The continued expansion of the tournament circuit coupled with the reduced frequency of these events both reduce their impact and the increased gap between the majors means that the Legend re-invites don’t reflect the present state of the scene (as many have mentioned, DotA 2’s circuit-based point system would fit CS:GO uniquely well).
The persistent issues with the format also reduce the clout that comes from winning what used to be the ultimate CS:GO accomplishment. While the introduction of the Buchholz system is an objective improvement on the format’s previous iteration, the high variance of the best-of-one games is still a big issue. We’ve seen multiple examples both in the Challengers and Legends stage where the upset winners were “rewarded” by an underperforming giant itching for a comeback. Every major featuring the Swiss system has led to upset eliminations – mousesports in London, Astralis in Boston, Na’Vi and FaZe in Krakow and Liquid in Atlanta – and two out of three produced upset winners that failed to live up their billing later in the more consistent tournament formats.
It is impossible to argue that mousesports are not a top-sixteen team worldwide or that three best-of-one defeats are enough to rebrand them as plucky underdogs. Similarly, the fact that FaZe were a single map away from losing their Legend seed, put in the same bracket as a collapsing Cloud9 and Winstrike Team is a nonsensical aberration.

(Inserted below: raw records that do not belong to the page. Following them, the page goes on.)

-- ===== src/Chess/Make/Keeps.antt =====
-- A move that fits a well-formed position leads to a well-formed position.
use plywise.Chess.Board.{Board, Move, has, read}
use plywise.Chess.Hash.{compute_hash}
use plywise.Chess.Make.{squares_after, castle_rook, transfer, arriving, moved, record_hash, behind}
use plywise.Chess.Make.RoundTrip.{mover_color, read-set_self, read-set_ne, read-set}
use plywise.Chess.MoveFlag
use plywise.Chess.Piece.{Color, white, black, Piece, opposite, color_eq, is_empty, no_piece}
use plywise.Chess.Shape.{
  IsWellFormed, HasTarget, IsMover, MayPromote, Shape, plain, double, en_passant, king_castle,
  queen_castle,
}
use plywise.Prelude.{
  ℕ, ◌+◌, ◌/◌, ◌<◌, ◌≡◌, ◌≢◌, refl, ◌⊎◌, inl, inr, true, false, Bool, List, [], ◌∷◌, arith, length,
  set, length-set, length-append, get_or-set, if◌then◌else◌, Bool-cases, sym, ◌∙◌,
}

-- Every empty square holds `Piece{}`.
abbrev pub Canonical : List Piece → Type 0
Canonical xs = (i : ℕ) → is_empty (read xs i) ≡ true → read xs i ≡ no_piece

pub Canonical-set :
    (xs : List Piece) (i : ℕ) (v : Piece)
    → (is_empty v ≡ true → v ≡ no_piece)
    → Canonical xs
    → Canonical (set xs i v)
Canonical-set xs i v h k j e = ground (arith, get_or-set xs i j v no_piece, h, k j)

Canonical-clear : (xs : List Piece) (i : ℕ) → Canonical xs → Canonical (set xs i no_piece)
Canonical-clear xs i = Canonical-set xs i no_piece (λ _. refl)

Canonical-transfer : (xs : List Piece) (i j : ℕ) → Canonical xs → Canonical (transfer xs i j)
unfolding transfer
Canonical-transfer xs i j c = Canonical-clear _ i (Canonical-set xs j (read xs i) (c i) c)

length-transfer : (xs : List Piece) (i j : ℕ) → length (transfer xs i j) ≡ length xs
unfolding transfer
length-transfer xs i j = length-set _ i no_piece ∙ length-set xs j (read xs i)

module _ (b : Board) (m : Move) where
  castle_rook-Canonical :
      (c : Color) (xs : List Piece) → Canonical xs → Canonical (castle_rook m c xs)
  unfolding castle_rook
  castle_rook-Canonical c xs k = elim (Bool-cases (has m MoveFlag.king_castle)) [
    | inl e ↦ rw e (Canonical-transfer xs _ _ k)
    | inr e ↦ rw e (elim (Bool-cases (has m MoveFlag.queen_castle)) [
      | inl q ↦ rw q (Canonical-transfer xs _ _ k)
      | inr q ↦ rw q k
    ])
  ]

  length-castle_rook : (c : Color) (xs : List Piece) → length (castle_rook m c xs) ≡ length xs
  unfolding castle_rook
  length-castle_rook c xs = elim (Bool-cases (has m MoveFlag.king_castle)) [
    | inl e ↦ rw e (length-transfer xs _ _)
    | inr e ↦ rw e (elim (Bool-cases (has m MoveFlag.queen_castle)) [
      | inl q ↦ rw q (length-transfer xs _ _)
      | inr q ↦ rw q refl
    ])
  ]

  pub length-squares_after :
      (p : Piece) (xs : List Piece) → length (squares_after m p xs) ≡ length xs
  unfolding squares_after
  length-squares_after p xs = elim (Bool-cases (has m MoveFlag.en_passant)) [
    | inl e ↦ rw (e, length-castle_rook, length-set, length-set, length-set)
    | inr e ↦ rw (e, length-castle_rook, length-set, length-set)
  ]

  -- A promotion does not turn the mover into nothing.
  promotes : IsMover b m → Shape b m → MayPromote b m
  promotes h (plain _ _ _ p _) = p
  promotes h (double _ _ _ p _ _ _) = inl p
  promotes h (en_passant _ _ _ p _ _) = p
  promotes h (king_castle _ _ _ p _ _) = inl p
  promotes h (queen_castle _ _ _ _ p _ _) = inl p

  arriving-held :
      IsMover b m → MayPromote b m → is_empty (arriving m (read b.squares m.from)) ≡ false
  unfolding arriving is_empty
  arriving-held h p = ground (arith, h.held)

  Canonical-squares_after :
      (xs : List Piece) (p : Piece)
      → is_empty (arriving m p) ≡ false
      → Canonical xs
      → Canonical (squares_after m p xs)
  unfolding squares_after
  Canonical-squares_after xs p f c = castle_rook-Canonical p.color _ (
      Canonical-set _ m.to (arriving m p) (λ e. ground arith)
        (Canonical-clear _ m.from (taken (has m MoveFlag.en_passant))))
    where
      taken : (e : Bool) → Canonical (if e then set xs (behind p.color m.to) no_piece else xs)
      taken true = Canonical-clear xs _ c
      taken false = c

-- Behind the square passed, seen from the other side, stands the pawn that passed it.
behind_passed :
    (color : Color) (to mid : ℕ)
    → to < 64
    → mid < 64
    → behind color to ≡ mid
    → behind (opposite color) mid ≡ to
unfolding behind opposite
behind_passed white to mid h k e = omega arith
behind_passed black to mid h k e = omega arith

opposite-ne : (a c : Color) → color_eq a c ≡ true → color_eq a (opposite c) ≡ false
unfolding color_eq opposite
opposite-ne a c h = ground arith

module _ (b : Board) (m : Move) (w : IsWellFormed b) (h : IsMover b m) where
  abbrev mid : ℕ
  mid = (m.from + m.to) / 2

  module _ (p : has m MoveFlag.promotion ≡ false) (free : is_empty (read b.squares mid) ≡ true)
      (d : (mid ≢ m.to) × (behind (read b.squares m.from).color m.to ≡ mid)) where
    abbrev stepped : List Piece
    stepped = set (set b.squares m.from no_piece) m.to (read b.squares m.from)

    mid_free : is_empty (read stepped mid) ≡ true
    unfolding is_empty
    mid_free =
        rw
          (read-set_ne (set b.squares m.from no_piece) m.to mid (read b.squares m.from)
            (λ e. d.0 (sym e)))
          (ground (arith, read-set b.squares m.from mid no_piece w.size h.from_on, free))

    mover_arrived : read stepped m.to ≡ read b.squares m.from
    mover_arrived =
        read-set_self (set b.squares m.from no_piece) m.to _
          (length-set b.squares m.from no_piece ∙ w.size) h.to_on

    mid_on : mid < 64
    mid_on = omega (arith, h.from_on, h.to_on)

    passed_from : behind (opposite b.side_to_move) mid ≡ m.to
    passed_from =
        rw (← mover_color b m w h)
          (behind_passed (read b.squares m.from).color m.to mid h.to_on mid_on d.1)

  target-moved : Shape b m → ((moved b m).en_passant ≡ 64) ⊎ HasTarget (moved b m)
  unfolding moved
  target-moved (plain _ e _ _ _) = inl (rw e)
  target-moved (en_passant _ e _ _ _ _) = inl (rw e)
  target-moved (king_castle _ e _ _ _ _) = inl (rw e)
  target-moved (queen_castle _ e _ _ _ _ _) = inl (rw e)
  target-moved (double e f c p g v d) = inr (
      unfold squares_after castle_rook arriving in
      rw (e, f, c.0, c.1, p)
        (record {
          target_on = mid_on p v d;
          target_free = mid_free p v d;
          victim_on = rw (passed_from p v d) h.to_on;
          victim_held = rw (passed_from p v d, mover_arrived p v d) h.held;
          victim_enemy = rw (passed_from p v d, mover_arrived p v d) (opposite-ne _ _ h.own);
        }))

  -- A move that fits leaves a position whose moves can be taken back in turn.
  pub moved-IsWellFormed : Shape b m → IsWellFormed (record_hash (moved b m))
  unfolding record_hash moved
  moved-IsWellFormed s = record {
    size = length-squares_after b m (read b.squares m.from) b.squares ∙ w.size;
    canonical =
        Canonical-squares_after b m b.squares (read b.squares m.from)
          (arriving-held b m h (promotes b m h s)) w.canonical;
    target = elim (target-moved s) [ inl e ↦ inl e | inr t ↦ inr (carry t) ];
    history = omega (arith, length-append {0} b.repetition_history (compute_hash (moved b m) ∷ []));
  }
    where
      carry : HasTarget (moved b m) → HasTarget (record_hash (moved b m))
      carry t = record {
        target_on = t.target_on;
        target_free = t.target_free;
        victim_on = t.victim_on;
        victim_held = t.victim_held;
        victim_enemy = t.victim_enemy;
      }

Not only that, but there is a clearly established pattern now of Legend teams being slow to get out of the game, likely due to the fact that they are a lot less familiar with the venue and the equipment than their opponents who made it past the New Challengers stage, which has a major (pun intended) impact on the proceedings when you only have best-of-ones to work with until the 2-2 decider.
The lack of differentiation between the different minors in terms of offered spots and Valve’s many other decisions clearly point to the notion that the major is now meant to be more of a global celebration of Counter-Strike than the pinnacle of competition – more of a World Cup than a Champions League to use a football analogy – and the continued rise of initiatives like the Intel Grand Slam could very well mean that the importance of the major could continue to diminish over time unless drastic changes are made to the format.